▸ **WORK ORDER**
All records that follow are to be output exactly.

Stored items
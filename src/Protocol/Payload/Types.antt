-- ===== src/Protocol/Payload/Types.antt =====
-- The dataclasses of the payloads, and the tables of names.
use ecu_telemetry.Prelude.{ℕ, List, [], ◌∷◌, ◌==◌, if◌then◌else◌}
use ecu_telemetry.Python.Floats.{Floats}
use ecu_telemetry.Python.Text.{Text, text}
use ecu_telemetry.Python.Decimal.{str_int}
use ecu_telemetry.Python.Struct.{Bytes}

-- `table.get(n, str(n))`
unfoldable pub name_of : List (ℕ × Text) → ℕ → Text
unfolding str_int
name_of [] n = str_int n
name_of ((k, name) ∷ table) n = if k == n then name else name_of table n

abbrev pub state_names : List (ℕ × Text)
state_names = (0, text "IDLE") ∷ (1, text "RUNNING") ∷ (2, text "DEGRADED") ∷ (3, text "FAULT") ∷ []

abbrev pub log_levels : List (ℕ × Text)
log_levels = (0, text "debug") ∷ (1, text "info") ∷ (2, text "warn") ∷ (3, text "error") ∷ []

abbrev pub config_ack_status : List (ℕ × Text)
config_ack_status = (0, text "applied") ∷ (1, text "rejected") ∷ []

abbrev pub fw_ack_status : List (ℕ × Text)
fw_ack_status =
    (0, text "accepted") ∷ (1, text "downloading") ∷ (2, text "applied") ∷ (3, text "rejected") ∷ []

pub record Hello : Type 0 where
  pub fw_string : Text
  pub hw_model : Text
  pub config_version : ℕ
  pub telemetry_hz : ℕ

pub record Heartbeat : Type 0 where
  pub uptime_s : ℕ
  pub frames_sent : ℕ
  pub config_version : ℕ
  pub reconnects : ℕ

pub record Log : Type 0 where
  pub level : ℕ
  pub message : Text

pub record ConfigAck : Type 0 where
  pub config_version : ℕ
  pub status : ℕ

pub record FwUpdate : Type 0 where
  pub target_version : Text
  pub image_size_bytes : ℕ
  pub image_crc : ℕ

pub record FwAck : Type 0 where
  pub status : ℕ
  pub version : Text

pub record FaultInject : Type 0 where
  pub set_flags : ℕ
  pub clear_flags : ℕ
  pub duration_ms : ℕ

pub record FaultAck : Type 0 where
  pub active_flags : ℕ

pub record Cmd : Type 0 where
  pub cmd : ℕ

module _ ⦃fl : Floats⦄ where
  open fl use {Float}

  pub record Telemetry : Type 0 where
    pub rpm : Float
    pub temp_c : Float
    pub current_a : Float
    pub voltage_v : Float
    pub vibration_g : Float
    pub speed_kph : Float
    pub lat : Float
    pub lon : Float
    pub fault_flags : ℕ
    pub state : ℕ

  pub record ConfigSet : Type 0 where
    pub config_version : ℕ
    pub telemetry_hz : ℕ
    pub log_level : ℕ
    pub rpm_limit : Float
    pub temp_limit_c : Float
    pub current_limit_a : Float

  -- The subclasses of Payload; `raw` is the bytes of a message type that has no class.
  pub data Payload : Type 0 where
    telemetry : Telemetry → Payload
    hello : Hello → Payload
    heartbeat : Heartbeat → Payload
    log : Log → Payload
    config_set : ConfigSet → Payload
    config_ack : ConfigAck → Payload
    fw_update : FwUpdate → Payload
    fw_ack : FwAck → Payload
    fault_inject : FaultInject → Payload
    fault_ack : FaultAck → Payload
    cmd : Cmd → Payload
    raw : Bytes → Payload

▸ **FINAL ANSWER**
filename src/Protocol/Payload/Types.antt
-- ===== src/Protocol/Payload/Types.antt =====
-- The dataclasses of the payloads, and the tables of names.
use ecu_telemetry.Prelude.{ℕ, List, [], ◌∷◌, ◌==◌, if◌then◌else◌}
use ecu_telemetry.Python.Floats.{Floats}
use ecu_telemetry.Python.Text.{Text, text}
use ecu_telemetry.Python.Decimal.{str_int}
use ecu_telemetry.Python.Struct.{Bytes}

-- `table.get(n, str(n))`
unfoldable pub name_of : List (ℕ × Text) → ℕ → Text
unfolding str_int
name_of [] n = str_int n
name_of ((k, name) ∷ table) n = if k == n then name else name_of table n

abbrev pub state_names : List (ℕ × Text)
state_names = (0, text "IDLE") ∷ (1, text "RUNNING") ∷ (2, text "DEGRADED") ∷ (3, text "FAULT") ∷ []

abbrev pub log_levels : List (ℕ × Text)
log_levels = (0, text "debug") ∷ (1, text "info") ∷ (2, text "warn") ∷ (3, text "error") ∷ []

abbrev pub config_ack_status : List (ℕ × Text)
config_ack_status = (0, text "applied") ∷ (1, text "rejected") ∷ []

abbrev pub fw_ack_status : List (ℕ × Text)
fw_ack_status =
    (0, text "accepted") ∷ (1, text "downloading") ∷ (2, text "applied") ∷ (3, text "rejected") ∷ []

pub record Hello : Type 0 where
  pub fw_string : Text
  pub hw_model : Text
  pub config_version : ℕ
  pub telemetry_hz : ℕ

pub record Heartbeat : Type 0 where
  pub uptime_s : ℕ
  pub frames_sent : ℕ
  pub config_version : ℕ
  pub reconnects : ℕ

pub record Log : Type 0 where
  pub level : ℕ
  pub message : Text

pub record ConfigAck : Type 0 where
  pub config_version : ℕ
  pub status : ℕ

pub record FwUpdate : Type 0 where
  pub target_version : Text
  pub image_size_bytes : ℕ
  pub image_crc : ℕ

pub record FwAck : Type 0 where
  pub status : ℕ
  pub version : Text

pub record FaultInject : Type 0 where
  pub set_flags : ℕ
  pub clear_flags : ℕ
  pub duration_ms : ℕ

pub record FaultAck : Type 0 where
  pub active_flags : ℕ

pub record Cmd : Type 0 where
  pub cmd : ℕ

module _ ⦃fl : Floats⦄ where
  open fl use {Float}

  pub record Telemetry : Type 0 where
    pub rpm : Float
    pub temp_c : Float
    pub current_a : Float
    pub voltage_v : Float
    pub vibration_g : Float
    pub speed_kph : Float
    pub lat : Float
    pub lon : Float
    pub fault_flags : ℕ
    pub state : ℕ

  pub record ConfigSet : Type 0 where
    pub config_version : ℕ
    pub telemetry_hz : ℕ
    pub log_level : ℕ
    pub rpm_limit : Float
    pub temp_limit_c : Float
    pub current_limit_a : Float

  -- The subclasses of Payload; `raw` is the bytes of a message type that has no class.
  pub data Payload : Type 0 where
    telemetry : Telemetry → Payload
    hello : Hello → Payload
    heartbeat : Heartbeat → Payload
    log : Log → Payload
    config_set : ConfigSet → Payload
    config_ack : ConfigAck → Payload
    fw_update : FwUpdate → Payload
    fw_ack : FwAck → Payload
    fault_inject : FaultInject → Payload
    fault_ack : FaultAck → Payload
    cmd : Cmd → Payload
    raw : Bytes → Payload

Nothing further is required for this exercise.